(SUPPLIED DATA begins)

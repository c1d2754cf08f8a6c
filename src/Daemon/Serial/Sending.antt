-- ===== src/Daemon/Serial/Sending.antt =====
-- `SendURPC` of internal/daemon/urpc_bridge.go against a silent device, and the frames that it writes.
use devagent.Base.{
  ℕ, zero, suc, ◌-◌, ◌≤◌, ◌≡◌, inl, inr, refl, sym, ap, Bool, true, false, List, [], ◌∷◌, ◌++◌,
  arith, leb, Bool-cases, length, replicate, Result, ok, Result-cases, All,
}
use devagent.Protocol.Urpc.{UrpcRequest, UrpcAck, encode_request}
use devagent.Daemon.Serial.{
  bytes, Port, Outcome, done, error, panicked, waiting, read_loop, read_urpc_ack, SendResult,
  acknowledged, send_waiting, send_panicked, attempts, send_urpc,
}

-- A port whose reads come back empty, each after the read timeout.
abbrev pub silent : ℕ → Port
silent n = replicate n (bytes [])

read_loop-silent : (r n : ℕ) (buf : List ℕ) → read_loop (suc r) buf (silent n) ≡ (waiting, [])
unfolding read_loop
read_loop-silent r zero buf = refl
read_loop-silent r (suc n) buf =
    let empty : leb 0 (suc r) ≡ true = ground arith in
    let all_left : suc r - 0 ≡ suc r = omega arith in
    rw (empty, all_left) (read_loop-silent r n (buf ++ []))

read_urpc_ack-silent : (n : ℕ) → read_urpc_ack (silent n) ≡ (waiting, [])
unfolding read_urpc_ack
read_urpc_ack-silent n =
    let outcome : (read_loop 5 [] (silent n)).0 ≡ waiting =
      ap (λ x. x.0) (read_loop-silent 4 n []) in
    let port : (read_loop 5 [] (silent n)).1 ≡ [] = ap (λ x. x.1) (read_loop-silent 4 n []) in
    rw (read_urpc_ack, outcome, port) refl

-- Against a device that never answers, on a port whose reads come back empty after their timeout,
-- `SendURPC` is still in its first read after any number of reads: one frame has been written, and
-- neither the other attempts nor the error of the timeout are reached, whatever the number of retries.
pub send_urpc-silent :
    (cancelled writes : ℕ → Bool) (retry n : ℕ) (req : UrpcRequest) (frame : List ℕ)
    → encode_request req ≡ ok frame
    → cancelled retry ≡ false
    → writes retry ≡ true
    → send_urpc cancelled writes (suc retry) req (silent n) ≡ (send_waiting, frame ∷ [], [])
unfolding send_urpc attempts
send_urpc-silent cancelled writes retry n req frame encoded live written =
    let outcome : (read_urpc_ack (silent n)).0 ≡ waiting = ap (λ x. x.0) (read_urpc_ack-silent n) in
    let port : (read_urpc_ack (silent n)).1 ≡ [] = ap (λ x. x.1) (read_urpc_ack-silent n) in
    rw (send_urpc, encoded, attempts, live, written, outcome, port) refl

record Written (frame : List ℕ) (bound : ℕ) (frames : List (List ℕ)) : Type 0 where
  few : length frames ≤ bound
  same : All (λ f. f ≡ frame) frames

-- What an attempt adds to what the later ones write, by how its read ends.
after_write :
    (later : SendResult × List (List ℕ) × Port) (port : Port) (outcome : Outcome UrpcAck)
    (frame : List ℕ) (left : ℕ)
    → Written frame left later.1
    → Written frame
        (suc left)
        (elim outcome as (λ x. SendResult × List (List ℕ) × Port) [
          | done ack ↦ (acknowledged ack, frame ∷ [], port)
          | error e ↦ (later.0, frame ∷ later.1, later.2)
          | panicked ↦ (send_panicked, frame ∷ [], port)
          | waiting ↦ (send_waiting, frame ∷ [], port)
        ]).1
after_write later port (done ack) frame left rest = record { few = omega arith; same = (refl, tt) }
after_write later port panicked frame left rest = record { few = omega arith; same = (refl, tt) }
after_write later port waiting frame left rest = record { few = omega arith; same = (refl, tt) }
after_write later port (error e) frame left rest = record {
  few = omega (arith, rest.few);
  same = (refl, rest.same);
}

attempts-Written :
    (cancelled writes : ℕ → Bool) (frame : List ℕ) (retry : ℕ) (port : Port)
    → Written frame retry (attempts cancelled writes frame retry port).1
unfolding attempts
attempts-Written cancelled writes frame zero port = record { few = omega arith; same = tt }
attempts-Written cancelled writes frame (suc left) port =
    let rest = attempts-Written cancelled writes frame left (read_urpc_ack port).1 in
    elim (Bool-cases (cancelled left)) [
      | inl over ↦ rw (over) (record { few = omega arith; same = tt })
      | inr live ↦ elim (Bool-cases (writes left)) [
        | inr refused ↦ rw (live, refused) (record { few = omega arith; same = tt })
        | inl written ↦ rw (live, written) (after_write _ _ (read_urpc_ack port).0 frame left rest)
      ]
    ]

All-same :
    (frame : List ℕ) (frames : List (List ℕ))
    → All (λ f. f ≡ frame) frames
    → All (λ f. ◌≡◌ {A = Result ℕ (List ℕ)} (ok frame) (ok f)) frames
All-same frame [] h = tt
All-same frame (f ∷ frames) (same, h) = (ap ok (sym same), All-same frame frames h)

-- `SendURPC` writes at most as many frames as it has attempts, and each of them is the encoding of the
-- request, so that the device can tell that a retry is the same request.
pub send_urpc-frames :
    (cancelled writes : ℕ → Bool) (retry : ℕ) (req : UrpcRequest) (port : Port)
    → (length (send_urpc cancelled writes retry req port).1 ≤ retry)
      × All (λ frame. encode_request req ≡ ok frame) (send_urpc cancelled writes retry req port).1
unfolding send_urpc
send_urpc-frames cancelled writes retry req port = elim (Result-cases (encode_request req)) [
  | inl (size, refused) ↦ rw (send_urpc, refused) (omega arith, tt)
  | inr (frame, encoded) ↦
      let w = attempts-Written cancelled writes frame retry port in
      rw (send_urpc, encoded)
        (w.few, All-same frame (attempts cancelled writes frame retry port).1 w.same)
]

(SUPPLIED DATA ends)

TASK BRIEF → Copy out the lines above that hold the string "UrpcAck".

YOUR SOLUTION →
use devagent.Protocol.Urpc.{UrpcRequest, UrpcAck, encode_request}
    (later : SendResult × List (List ℕ) × Port) (port : Port) (outcome : Outcome UrpcAck)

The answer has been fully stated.